▸ **Activity**
The response should be a precise copy of every entry.

-- Provided material follows --

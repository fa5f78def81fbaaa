-- ===== src/Vram/Book/Keeps.antt =====
-- Each operation of src/ovram.c keeps what Vram/Book/Sound.antt says of the lease slots.
use omniserve_native.Prelude.{
  ℕ, ◌+◌, ◌≡◌, refl, sym, inl, inr, Bool, true, false, List, [], ◌∷◌, Option, some, arith,
  Bool-cases, if◌then◌else◌, get_elem?, set, ◌==◌, subst,
}
use omniserve_native.Prelude.Int.{ℤ, pos, pos_part, leb_ℤ}
use omniserve_native.Floats.{DoubleOps}
use omniserve_native.Vram.{Vram, modify, or_anon}
use omniserve_native.Vram.Tables.{expire_locked, on_owner}
use omniserve_native.Vram.Queue.{higher_tier_waiting_locked}
use omniserve_native.Vram.Grant.{
  Answer, amount, grant_locked, grant_at, new_lease, try_lease, deny, lease_pid_at, lease_force,
  least_mb, ttl_or_default,
}
use omniserve_native.Vram.Ops.{release, renew_at}
use omniserve_native.Vram.Book.{find_lease-book}
use omniserve_native.Vram.Book.Sound.{Good, grant-Kept, set-Kept, expire_locked-Good}
use omniserve_native.Vram.Book.Granted.{grant_locked-Ends}

pub modify-set {ℓ} :
    {A : Type ℓ} (xs : List A) (i : ℕ) (f : A → A) {x : A}
    → get_elem? xs i ≡ some x
    → modify xs i f ≡ set xs i (f x)
modify-set xs i f e = rw (e, modify) refl

module _ (F : DoubleOps) where
  open F use {Double}

  pub grant_locked-Good :
      (v : Vram F) (owner : List ℕ) (pid mb min_mb tier : ℕ) (ttl_s now_s : Double)
      (free : Option ℕ) (force : Bool)
      → Good F v
      → Good F (grant_locked F v owner pid mb min_mb tier ttl_s now_s free force).broker
  unfolding grant_at on_owner new_lease
  grant_locked-Good v owner pid mb min_mb tier ttl_s now_s free force g =
      elim (grant_locked-Ends F v owner pid mb min_mb tier ttl_s now_s free force) [
        | inl e ↦ subst (λ a. Good F a.broker) (sym e) g
        | inr (slot, x, at, off, some_mb, least, e) ↦
            subst (λ a. Good F a.broker) (sym e)
              (grant-Kept F v.leases v.next_id v.grants (v.releases + v.expirations) slot x
                (new_lease F v (or_anon owner) pid (amount F v mb tier free force) tier ttl_s now_s)
                g at off refl refl)
      ]

  deny-Good :
      (v : Vram F) (owner : List ℕ) (pid : ℕ) (now_s : Double)
      → Good F v
      → Good F (deny F v owner pid now_s)
  unfolding deny on_owner
  deny-Good v owner pid now_s g = g

  try_lease-Good :
      (v : Vram F) (owner : List ℕ) (pid mb min_mb tier : ℕ) (ttl_s now_s : Double)
      (free : Option ℕ)
      → Good F v
      → Good F (try_lease F v owner pid mb min_mb tier ttl_s now_s free).broker
  unfolding try_lease
  try_lease-Good v owner pid mb min_mb tier ttl_s now_s free g =
      elim (Bool-cases (higher_tier_waiting_locked F v tier now_s free)) [
        | inl e ↦ rw e (deny-Good v owner pid now_s g)
        | inr e ↦ rw e (
            booked (grant_locked F v owner pid mb min_mb tier ttl_s now_s free false)
              (grant_locked-Good v owner pid mb min_mb tier ttl_s now_s free false g))
      ]
    where
      booked :
          (a : Answer F)
          → Good F a.broker
          → Good F (
              (if a.granted == 0
                then record a { broker = deny F a.broker owner pid now_s }
                else a).broker)
      booked a h = elim (Bool-cases (a.granted == 0)) [
        | inl e ↦ rw e (deny-Good a.broker owner pid now_s h)
        | inr e ↦ rw e h
      ]

  pub lease_pid_at-Good :
      (v : Vram F) (owner : List ℕ) (pid : ℕ) (mb min_mb : ℤ) (tier : ℕ) (ttl_s now_s : Double)
      (free : Option ℕ)
      → Good F v
      → Good F (lease_pid_at F v owner pid mb min_mb tier ttl_s now_s free).broker
  unfolding lease_pid_at
  lease_pid_at-Good v owner pid mb min_mb tier ttl_s now_s free g =
      elim (Bool-cases (leb_ℤ mb (pos 0))) [
        | inl e ↦ rw e g
        | inr e ↦ rw e (
            try_lease-Good (expire_locked F v now_s).0 owner pid (pos_part mb)
              (least_mb F mb min_mb) tier ttl_s now_s free (expire_locked-Good F v now_s g))
      ]

  pub lease_force-Good :
      (v : Vram F) (owner : List ℕ) (pid : ℕ) (mb : ℤ) (tier : ℕ) (ttl_s now : Double)
      → Good F v
      → Good F (lease_force F v owner pid mb tier ttl_s now).broker
  unfolding lease_force
  lease_force-Good v owner pid mb tier ttl_s now g = elim (Bool-cases (leb_ℤ mb (pos 0))) [
    | inl e ↦ rw e g
    | inr e ↦ rw e (
        grant_locked-Good (expire_locked F v now).0 (or_anon owner) pid (pos_part mb) (pos_part mb)
          tier ttl_s now (some 0) true (expire_locked-Good F v now g))
  ]

  pub release-Good :
      (v : Vram F) (id : List ℕ) (now_s : Double) → Good F v → Good F (release F v id now_s).1
  unfolding release on_owner
  release-Good v [] now_s g = g
  release-Good v (c ∷ cs) now_s g = elim (find_lease-book F v.leases (c ∷ cs)) [
    | inl (f, b) ↦ rw (f, release) g
    | inr (i, l, f, at, b, h) ↦
        let live : l.active ≡ true = ground arith in
        let k =
          set-Kept F v.leases v.next_id v.grants (v.releases + v.expirations) i l
            (record l { active = false }) g at live refl in
        rw (f, at, release)
          (record {
            slots = k.slots;
            numbered = k.numbered;
            distinct = k.distinct;
            balanced = omega (arith, k.balanced);
          })
  ]

  pub renew_at-Good :
      (v : Vram F) (id : List ℕ) (ttl_s now_s : Double)
      → Good F v
      → Good F (renew_at F v id ttl_s now_s).1
  unfolding renew_at
  renew_at-Good v [] ttl_s now_s g = g
  renew_at-Good v (c ∷ cs) ttl_s now_s g =
      let w = (expire_locked F v now_s).0 in
      let k = expire_locked-Good F v now_s g in
      elim (find_lease-book F w.leases (c ∷ cs)) [
        | inl (f, b) ↦ rw (f, renew_at) k
        | inr (i, l, f, at, b, h) ↦
            let live : l.active ≡ true = ground arith in
            let m =
              set-Kept F w.leases w.next_id w.grants (w.releases + w.expirations) i l
                (record l { expires_s = F.add now_s (ttl_or_default F w ttl_s) }) k at live refl in
            let put =
              modify-set w.leases i
                (λ l. record l { expires_s = F.add now_s (ttl_or_default F w ttl_s) }) at in
            rw (f, renew_at, put)
              (record {
                slots = m.slots;
                numbered = m.numbered;
                distinct = m.distinct;
                balanced =
                    let still : ◌≡◌ {A = ℕ} (if l.active then 0 else 1) 0 = rw live refl in
                    omega (arith, m.balanced, still);
              })
      ]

-- Provided material concluded --

▸ **Result for this exercise**
repository fa5f78def81fbaaa
-- ===== src/Vram/Book/Keeps.antt =====
-- Each operation of src/ovram.c keeps what Vram/Book/Sound.antt says of the lease slots.
use omniserve_native.Prelude.{
  ℕ, ◌+◌, ◌≡◌, refl, sym, inl, inr, Bool, true, false, List, [], ◌∷◌, Option, some, arith,
  Bool-cases, if◌then◌else◌, get_elem?, set, ◌==◌, subst,
}
use omniserve_native.Prelude.Int.{ℤ, pos, pos_part, leb_ℤ}
use omniserve_native.Floats.{DoubleOps}
use omniserve_native.Vram.{Vram, modify, or_anon}
use omniserve_native.Vram.Tables.{expire_locked, on_owner}
use omniserve_native.Vram.Queue.{higher_tier_waiting_locked}
use omniserve_native.Vram.Grant.{
  Answer, amount, grant_locked, grant_at, new_lease, try_lease, deny, lease_pid_at, lease_force,
  least_mb, ttl_or_default,
}
use omniserve_native.Vram.Ops.{release, renew_at}
use omniserve_native.Vram.Book.{find_lease-book}
use omniserve_native.Vram.Book.Sound.{Good, grant-Kept, set-Kept, expire_locked-Good}
use omniserve_native.Vram.Book.Granted.{grant_locked-Ends}

pub modify-set {ℓ} :
    {A : Type ℓ} (xs : List A) (i : ℕ) (f : A → A) {x : A}
    → get_elem? xs i ≡ some x
    → modify xs i f ≡ set xs i (f x)
modify-set xs i f e = rw (e, modify) refl

module _ (F : DoubleOps) where
  open F use {Double}

  pub grant_locked-Good :
      (v : Vram F) (owner : List ℕ) (pid mb min_mb tier : ℕ) (ttl_s now_s : Double)
      (free : Option ℕ) (force : Bool)
      → Good F v
      → Good F (grant_locked F v owner pid mb min_mb tier ttl_s now_s free force).broker
  unfolding grant_at on_owner new_lease
  grant_locked-Good v owner pid mb min_mb tier ttl_s now_s free force g =
      elim (grant_locked-Ends F v owner pid mb min_mb tier ttl_s now_s free force) [
        | inl e ↦ subst (λ a. Good F a.broker) (sym e) g
        | inr (slot, x, at, off, some_mb, least, e) ↦
            subst (λ a. Good F a.broker) (sym e)
              (grant-Kept F v.leases v.next_id v.grants (v.releases + v.expirations) slot x
                (new_lease F v (or_anon owner) pid (amount F v mb tier free force) tier ttl_s now_s)
                g at off refl refl)
      ]

  deny-Good :
      (v : Vram F) (owner : List ℕ) (pid : ℕ) (now_s : Double)
      → Good F v
      → Good F (deny F v owner pid now_s)
  unfolding deny on_owner
  deny-Good v owner pid now_s g = g

  try_lease-Good :
      (v : Vram F) (owner : List ℕ) (pid mb min_mb tier : ℕ) (ttl_s now_s : Double)
      (free : Option ℕ)
      → Good F v
      → Good F (try_lease F v owner pid mb min_mb tier ttl_s now_s free).broker
  unfolding try_lease
  try_lease-Good v owner pid mb min_mb tier ttl_s now_s free g =
      elim (Bool-cases (higher_tier_waiting_locked F v tier now_s free)) [
        | inl e ↦ rw e (deny-Good v owner pid now_s g)
        | inr e ↦ rw e (
            booked (grant_locked F v owner pid mb min_mb tier ttl_s now_s free false)
              (grant_locked-Good v owner pid mb min_mb tier ttl_s now_s free false g))
      ]
    where
      booked :
          (a : Answer F)
          → Good F a.broker
          → Good F (
              (if a.granted == 0
                then record a { broker = deny F a.broker owner pid now_s }
                else a).broker)
      booked a h = elim (Bool-cases (a.granted == 0)) [
        | inl e ↦ rw e (deny-Good a.broker owner pid now_s h)
        | inr e ↦ rw e h
      ]

  pub lease_pid_at-Good :
      (v : Vram F) (owner : List ℕ) (pid : ℕ) (mb min_mb : ℤ) (tier : ℕ) (ttl_s now_s : Double)
      (free : Option ℕ)
      → Good F v
      → Good F (lease_pid_at F v owner pid mb min_mb tier ttl_s now_s free).broker
  unfolding lease_pid_at
  lease_pid_at-Good v owner pid mb min_mb tier ttl_s now_s free g =
      elim (Bool-cases (leb_ℤ mb (pos 0))) [
        | inl e ↦ rw e g
        | inr e ↦ rw e (
            try_lease-Good (expire_locked F v now_s).0 owner pid (pos_part mb)
              (least_mb F mb min_mb) tier ttl_s now_s free (expire_locked-Good F v now_s g))
      ]

  pub lease_force-Good :
      (v : Vram F) (owner : List ℕ) (pid : ℕ) (mb : ℤ) (tier : ℕ) (ttl_s now : Double)
      → Good F v
      → Good F (lease_force F v owner pid mb tier ttl_s now).broker
  unfolding lease_force
  lease_force-Good v owner pid mb tier ttl_s now g = elim (Bool-cases (leb_ℤ mb (pos 0))) [
    | inl e ↦ rw e g
    | inr e ↦ rw e (
        grant_locked-Good (expire_locked F v now).0 (or_anon owner) pid (pos_part mb) (pos_part mb)
          tier ttl_s now (some 0) true (expire_locked-Good F v now g))
  ]

  pub release-Good :
      (v : Vram F) (id : List ℕ) (now_s : Double) → Good F v → Good F (release F v id now_s).1
  unfolding release on_owner
  release-Good v [] now_s g = g
  release-Good v (c ∷ cs) now_s g = elim (find_lease-book F v.leases (c ∷ cs)) [
    | inl (f, b) ↦ rw (f, release) g
    | inr (i, l, f, at, b, h) ↦
        let live : l.active ≡ true = ground arith in
        let k =
          set-Kept F v.leases v.next_id v.grants (v.releases + v.expirations) i l
            (record l { active = false }) g at live refl in
        rw (f, at, release)
          (record {
            slots = k.slots;
            numbered = k.numbered;
            distinct = k.distinct;
            balanced = omega (arith, k.balanced);
          })
  ]

  pub renew_at-Good :
      (v : Vram F) (id : List ℕ) (ttl_s now_s : Double)
      → Good F v
      → Good F (renew_at F v id ttl_s now_s).1
  unfolding renew_at
  renew_at-Good v [] ttl_s now_s g = g
  renew_at-Good v (c ∷ cs) ttl_s now_s g =
      let w = (expire_locked F v now_s).0 in
      let k = expire_locked-Good F v now_s g in
      elim (find_lease-book F w.leases (c ∷ cs)) [
        | inl (f, b) ↦ rw (f, renew_at) k
        | inr (i, l, f, at, b, h) ↦
            let live : l.active ≡ true = ground arith in
            let m =
              set-Kept F w.leases w.next_id w.grants (w.releases + w.expirations) i l
                (record l { expires_s = F.add now_s (ttl_or_default F w ttl_s) }) k at live refl in
            let put =
              modify-set w.leases i
                (λ l. record l { expires_s = F.add now_s (ttl_or_default F w ttl_s) }) at in
            rw (f, renew_at, put)
              (record {
                slots = m.slots;
                numbered = m.numbered;
                distinct = m.distinct;
                balanced =
                    let still : ◌≡◌ {A = ℕ} (if l.active then 0 else 1) 0 = rw live refl in
                    omega (arith, m.balanced, still);
              })
      ]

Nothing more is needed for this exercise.